Lemma 15.90.6. Let R be a ring, let f \in R, and let R \to R' be a ring map which induces isomorphisms R/f^ nR \to R'/f^ nR' for n > 0. The sequence (15.90.5.1) is
exact on the right,
exact on the left if and only if R[f^\infty ] \to R'[f^\infty ] is injective, and
exact in the middle if and only if R[f^\infty ] \to R'[f^\infty ] is surjective.
In particular, (R \to R', f) is a glueing pair if and only if R[f^\infty ] \to R'[f^\infty ] is bijective. For example, (R, f) is a glueing pair if and only if R[f^\infty ] \to R^\wedge [f^\infty ] is bijective.
Proof.
Let x \in R'_ f. Write x = x'/f^ n with x' \in R'. Write x' = x'' + f^ n y with x'' \in R and y \in R'. Then we see that (y, -x''/f^ n) maps to x. Thus (1) holds.

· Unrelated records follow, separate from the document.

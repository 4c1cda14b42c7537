-- ===== src/Cmos.antt =====
-- The real-time clock of src/kernel/io/cmos.c: what it computes from the registers it reads. The
-- numbers stay far below the bounds of `int` and of 64 bits.
pub mod Calendar
pub mod Clock
pub mod Registers
mod Tests
use homemade_os.Base.{
  ℕ, zero, suc, ◌+◌, ◌-◌, ◌*◌, ◌/◌, ◌%◌, ◌^◌, Bool, true, false, not, ◌&&◌, ◌||◌, List, [], ◌∷◌,
  ltb, ◌==◌, if◌then◌else◌, get_or,
}

abbrev pub days_in_month : List ℕ
days_in_month = 31 ∷ 28 ∷ 31 ∷ 30 ∷ 31 ∷ 30 ∷ 31 ∷ 31 ∷ 30 ∷ 31 ∷ 30 ∷ 31 ∷ []

-- `for(i = 1; i < m; i++) r += daysInMonth[i - 1];` with `rounds` rounds left.
unfoldable pub add_months : (rounds i r : ℕ) → ℕ
add_months zero i r = r
add_months (suc n) i r = add_months n (i + 1) (r + get_or days_in_month (i - 1) 0)

abbrev pub is_leap : ℕ → Bool
is_leap y = (y % 400 == 0) || (not (y % 100 == 0) && (y % 4 == 0))

unfoldable pub count_days : (y m d : ℕ) → ℕ
unfolding add_months
count_days y m d =
    let r = (y - 1) * 365 + (y - 1) / 4 - (y - 1) / 100 + (y - 1) / 400 in
    let r' = add_months (m - 1) 1 r in (if ltb 2 m && is_leap y then r' + 1 else r') + (d - 1)

pub record DateTime : Type 0 where
  pub year : ℕ
  pub month : ℕ
  pub day : ℕ
  pub hour : ℕ
  pub minute : ℕ
  pub second : ℕ

unfoldable pub date_time_to_uint64 : DateTime → ℕ
unfolding count_days
date_time_to_uint64 dt =
    ((count_days (dt.year + 2000) dt.month dt.day * 24 + dt.hour) * 60 + dt.minute) * 60 + dt.second

-- `((*v) & 0xf) + ((*v) >> 4) * 10` on a byte
abbrev pub from_bcd : ℕ → ℕ
from_bcd v = v % 16 + (v / 16) * 10

-- `readCMOSTime`, of the bytes that `readCMOS` reads from the six registers.
unfoldable pub read_cmos_time : (registers : DateTime) → (binary_mode hour24_mode : Bool) → DateTime
read_cmos_time r binary_mode hour24_mode =
    let is_pm = (r.hour / 2 ^ 7) % 2 in
    let low = r.hour % 2 ^ 7 in
    let convert : ℕ → ℕ = λ v. if binary_mode then v else from_bcd v in
    let hour = convert low in
    record {
      year = convert r.year;
      month = convert r.month;
      day = convert r.day;
      hour =
          if hour24_mode
          then hour
          else (if hour == 12 then 0 else hour) + (if is_pm == 1 then 12 else 0);
      minute = convert r.minute;
      second = convert r.second;
    }
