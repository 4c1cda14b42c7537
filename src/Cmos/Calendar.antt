-- ===== src/Cmos/Calendar.antt =====
-- The days and seconds of src/kernel/io/cmos.c count on from one calendar day or second to the next.
use homemade_os.Base.{
  ℕ, zero, suc, ◌+◌, ◌-◌, ◌*◌, ◌/◌, ◌≤◌, ◌<◌, ◌≡◌, sym, ap, ◌∙◌, inl, inr, Bool, ◌&&◌, List, [],
  ◌∷◌, arith, ltb, ◌==◌, if◌then◌else◌, get_or, Bool-cases, ltb→lt, All, length,
}
use homemade_os.Cmos.{days_in_month, add_months, is_leap, count_days}

abbrev pub days_of : (y m : ℕ) → ℕ
days_of y m = get_or days_in_month (m - 1) 0 + (if is_leap y && (m == 2) then 1 else 0)

-- One more round adds the next month.
add_months-suc :
    (n i r : ℕ)
    → 0 < i
    → add_months (suc n) i r ≡ add_months n i r + get_or days_in_month (i + n - 1) 0
unfolding add_months
add_months-suc zero i r h =
    let e : i - 1 ≡ i + 0 - 1 = omega arith in ap (λ k. r + get_or days_in_month k 0) e
add_months-suc (suc n) i r h =
    let e : i + 1 + n - 1 ≡ i + suc n - 1 = omega arith in
    let more : ℕ = r + get_or days_in_month (i - 1) 0 in
    add_months-suc n (i + 1) more (omega arith)
    ∙ ap (λ k. add_months n (i + 1) more + get_or days_in_month k 0) e

-- The day after a date.
pub next_day : (y m d : ℕ) → ℕ × ℕ × ℕ
next_day y m d =
    if ltb d (days_of y m) then (y, m, d + 1) else if ltb m 12 then (y, m + 1, 1) else (y + 1, 1, 1)

-- A date from year 1 on.
pub record IsDate (y m d : ℕ) : Type 0 where
  pub from_one : 1 ≤ y
  pub month_from : 1 ≤ m
  pub month_to : m ≤ 12
  pub day_from : 1 ≤ d
  pub day_to : d ≤ days_of y m

year_step :
    (y : ℕ)
    → 1 ≤ y
    → y * 365 + y / 4 - y / 100 + y / 400
      ≡ (y - 1) * 365
        + (y - 1) / 4
        - (y - 1) / 100
        + (y - 1) / 400
        + 365
        + (if is_leap y then 1 else 0)
year_step y h = ground arith

abbrev days_before_year : ℕ → ℕ
days_before_year y = (y - 1) * 365 + (y - 1) / 4 - (y - 1) / 100 + (y - 1) / 400

get_or-positive : (xs : List ℕ) (i : ℕ) → All (λ x. 0 < x) xs → i < length xs → 0 < get_or xs i 0
get_or-positive [] i a h = absurd (omega arith)
get_or-positive (x ∷ xs) zero a h = a.0
get_or-positive (x ∷ xs) (suc i) a h = get_or-positive xs i a.1 (omega arith)

days_of-positive : (y m : ℕ) → m ≤ 12 → 1 ≤ m → 0 < get_or days_in_month (m - 1) 0
days_of-positive y m h k =
    let all : All (λ (x : ℕ). 0 < x) days_in_month = (
      omega arith,
      (
        omega arith,
        (
          omega arith,
          (
            omega arith,
            (
              omega arith,
              (
                omega arith,
                (
                  omega arith,
                  (omega arith, (omega arith, (omega arith, (omega arith, (omega arith, tt))))),
                ),
              ),
            ),
          ),
        ),
      ),
    ) in
    get_or-positive days_in_month (m - 1) all (omega arith)

-- The leap day is counted from March on, and February has it.
leap_month :
    (leap : Bool) (m a g : ℕ)
    → 1 ≤ m
    → 0 < g
    → (if ltb 2 (m + 1) && leap then a + g + 1 else a + g) + (1 - 1)
      ≡ (if ltb 2 m && leap then a + 1 else a) + (g + (if leap && (m == 2) then 1 else 0) - 1) + 1
leap_month leap m a g h k = ground arith

month_step : (y m : ℕ) → 1 ≤ m → m < 12 → count_days y (m + 1) 1 ≡ count_days y m (days_of y m) + 1
unfolding count_days
month_step y m h k =
    let r : ℕ = days_before_year y in
    let rounds : m + 1 - 1 ≡ suc (m - 1) = omega arith in
    let at : 1 + (m - 1) - 1 ≡ m - 1 = omega arith in
    let sum : add_months (m + 1 - 1) 1 r ≡ add_months (m - 1) 1 r + get_or days_in_month (m - 1) 0 =
      ap (λ n. add_months n 1 r) rounds
      ∙ add_months-suc (m - 1) 1 r (omega arith)
      ∙ ap (λ n. add_months (m - 1) 1 r + get_or days_in_month n 0) at in
    ap (λ n. (if ltb 2 (m + 1) && is_leap y then n + 1 else n) + (1 - 1)) sum
    ∙ leap_month (is_leap y) m (add_months (m - 1) 1 r) (get_or days_in_month (m - 1) 0) h
        (days_of-positive y m (omega arith) h)

last_step : (y : ℕ) → 1 ≤ y → count_days (y + 1) 1 1 ≡ count_days y 12 (days_of y 12) + 1
unfolding count_days add_months
last_step y h =
    let base : ℕ = days_before_year y + 365 in
    let step = year_step y h in
    let first : y + 1 - 1 ≡ y = omega arith in
    ap (λ n. n * 365 + n / 4 - n / 100 + n / 400 + (1 - 1)) first ∙ elim (Bool-cases (is_leap y)) [
      | inl leap ↦
          let s = step ∙ ap (λ (b : Bool). base + (if b then 1 else 0)) leap in
          rw leap (omega (arith, s))
      | inr common ↦
          let s = step ∙ ap (λ (b : Bool). base + (if b then 1 else 0)) common in
          rw common (omega (arith, s))
    ]

days_of-first : (y m : ℕ) → m ≤ 12 → 1 ≤ m → 1 ≤ days_of y m
days_of-first y m h k = omega (arith, days_of-positive y m h k)

next-in_month : (y m d : ℕ) → 1 ≤ d → count_days y m (d + 1) ≡ count_days y m d + 1
unfolding count_days
next-in_month y m d h = omega arith

-- From a date of the calendar to the next, `countDays` goes up by one, and the next is a date.
pub next_day-count_days :
    (y m d : ℕ)
    → IsDate y m d
    → let (y', m', d') = next_day y m d in
      (count_days y' m' d' ≡ count_days y m d + 1) × IsDate y' m' d'
unfolding next_day
next_day-count_days y m d i = elim (Bool-cases (ltb d (days_of y m))) [
  | inl more ↦
      let less = ltb→lt d (days_of y m) more in
      rw (more, next_day)
        (
          next-in_month y m d i.day_from,
          record {
            from_one = i.from_one;
            month_from = i.month_from;
            month_to = i.month_to;
            day_from = omega arith;
            day_to = omega arith;
          },
        )
  | inr last ↦
      let e : d ≡ days_of y m = ground (arith, i.day_to) in
      elim (Bool-cases (ltb m 12)) [
        | inl month ↦
            let less = ltb→lt m 12 month in
            rw (last, month, next_day)
              (
                month_step y m i.month_from less ∙ ap (λ n. count_days y m n + 1) (sym e),
                record {
                  from_one = i.from_one;
                  month_from = omega arith;
                  month_to = omega arith;
                  day_from = omega arith;
                  day_to = omega (arith, days_of-first y (m + 1) (omega arith) (omega arith));
                },
              )
        | inr year ↦
            let twelve : m ≡ 12 = ground (arith, i.month_to) in
            rw (last, year, next_day)
              (
                last_step y i.from_one
                    ∙ ap (λ n. count_days y n (days_of y n) + 1) (sym twelve)
                    ∙ ap (λ n. count_days y m n + 1) (sym e),
                record {
                  from_one = omega arith;
                  month_from = omega arith;
                  month_to = omega arith;
                  day_from = omega arith;
                  day_to = omega (arith, days_of-first (y + 1) 1 (omega arith) (omega arith));
                },
              )
      ]
]

pub next_day-year : (y m d : ℕ) → y ≤ (next_day y m d).0
unfolding next_day
next_day-year y m d = ground arith
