-- ===== src/Cmos/Clock.antt =====
-- The seconds of src/kernel/io/cmos.c.
use homemade_os.Base.{◌+◌, ◌-◌, ◌<◌, ltb, if◌then◌else◌}
use homemade_os.Cmos.{DateTime}
use homemade_os.Cmos.Calendar.{next_day, IsDate}

-- A time of a date in the calendar, the year counted from 2000.
pub record IsTime (dt : DateTime) : Type 0 where
  pub date : IsDate (dt.year + 2000) dt.month dt.day
  pub hour_to : dt.hour < 24
  pub minute_to : dt.minute < 60
  pub second_to : dt.second < 60

pub next_midnight : DateTime → DateTime
next_midnight dt =
    let (y, m, d) = next_day (dt.year + 2000) dt.month dt.day in
    record { year = y - 2000; month = m; day = d; hour = 0; minute = 0; second = 0 }

-- The time one second on.
pub next_second : DateTime → DateTime
unfolding next_midnight
next_second dt =
    if ltb dt.second 59
    then record dt { second = dt.second + 1 }
    else if ltb dt.minute 59
    then record dt { second = 0; minute = dt.minute + 1 }
    else if ltb dt.hour 23
    then record dt { second = 0; minute = 0; hour = dt.hour + 1 }
    else next_midnight dt
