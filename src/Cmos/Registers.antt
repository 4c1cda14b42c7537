-- ===== src/Cmos/Registers.antt =====
-- Reading the clock of src/kernel/io/cmos.c undoes the encodings of its registers.
use homemade_os.Base.{
  ℕ, ◌+◌, ◌*◌, ◌/◌, ◌%◌, ◌^◌, ◌<◌, ◌≡◌, refl, Bool, true, false, arith, ltb, ◌==◌, if◌then◌else◌,
}
use homemade_os.Cmos.{DateTime, from_bcd, read_cmos_time}
use homemade_os.Cmos.Clock.{IsTime}

-- The encoding of a byte in the registers.
abbrev pub encode : (binary_mode : Bool) → ℕ → ℕ
encode binary_mode n = if binary_mode then n else n / 10 * 16 + n % 10

-- The hours of a clock with 12 hours: 12 at midnight and at noon, the highest bit after noon.
abbrev pub encode_hour : (binary_mode hour24_mode : Bool) → ℕ → ℕ
encode_hour binary_mode hour24_mode h =
    if hour24_mode
    then encode binary_mode h
    else encode binary_mode (if h % 12 == 0 then 12 else h % 12) + (if ltb h 12 then 0 else 2 ^ 7)

abbrev pub registers_of : DateTime → (binary_mode hour24_mode : Bool) → DateTime
registers_of dt binary_mode hour24_mode = record {
  year = encode binary_mode dt.year;
  month = encode binary_mode dt.month;
  day = encode binary_mode dt.day;
  hour = encode_hour binary_mode hour24_mode dt.hour;
  minute = encode binary_mode dt.minute;
  second = encode binary_mode dt.second;
}

decode-encode : (b : Bool) (n : ℕ) → (if b then encode b n else from_bcd (encode b n)) ≡ n
decode-encode true n = refl
decode-encode false n = omega arith

hour_lem :
    (b h24 : Bool) (h : ℕ)
    → h < 24
    → let r = encode_hour b h24 h in
      let low = r % 2 ^ 7 in
      let hour = if b then low else from_bcd low in
      (if h24
        then hour
        else (if hour == 12 then 0 else hour) + (if (r / 2 ^ 7) % 2 == 1 then 12 else 0))
      ≡ h
hour_lem b h24 h l = ground arith

-- For a clock set to any mode, binary or in decimal digits, with 24 or with 12 hours, the registers
-- that hold a time of the years 2000 to 2099 are read as that time.
pub read_cmos_time-registers_of :
    (dt : DateTime) (binary_mode hour24_mode : Bool)
    → IsTime dt
    → dt.year < 100
    → read_cmos_time (registers_of dt binary_mode hour24_mode) binary_mode hour24_mode ≡ dt
unfolding read_cmos_time
read_cmos_time-registers_of dt b h24 t y =
    rw
      (
        decode-encode b dt.year,
        decode-encode b dt.month,
        decode-encode b dt.day,
        decode-encode b dt.minute,
        decode-encode b dt.second,
        hour_lem b h24 dt.hour t.hour_to,
      )
      refl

Part (2) follows from the fact that \mathop{\mathrm{Ker}}(R \to R_ f) = R[f^\infty ].
If the sequence is exact in the middle, then elements of the form (x, 0) with x \in R'[f^\infty ] are in the image of the first arrow. This implies that R[f^\infty ] \to R'[f^\infty ] is surjective. Conversely, assume that R[f^\infty ] \to R'[f^\infty ] is surjective. Let (x, y) be an element in the middle which maps to zero on the right. Write y = y'/f^ n for some y' \in R. Then we see that f^ n x - y' is annihilated by some power of f in R'. By assumption we can write f^ nx - y' = z for some z \in R[f^\infty ]. Then y = y''/f^ n where y'' = y' + z is in the kernel of R \to R/f^ nR. Hence we see that y can be represented as y'''/1 for some y''' \in R. Then x - y''' is in R'[f^\infty ]. Thus x - y''' = z' \in R[f^\infty ]. Then (x, y'''/1) = (y''' + z', (y''' + z')/1) as desired.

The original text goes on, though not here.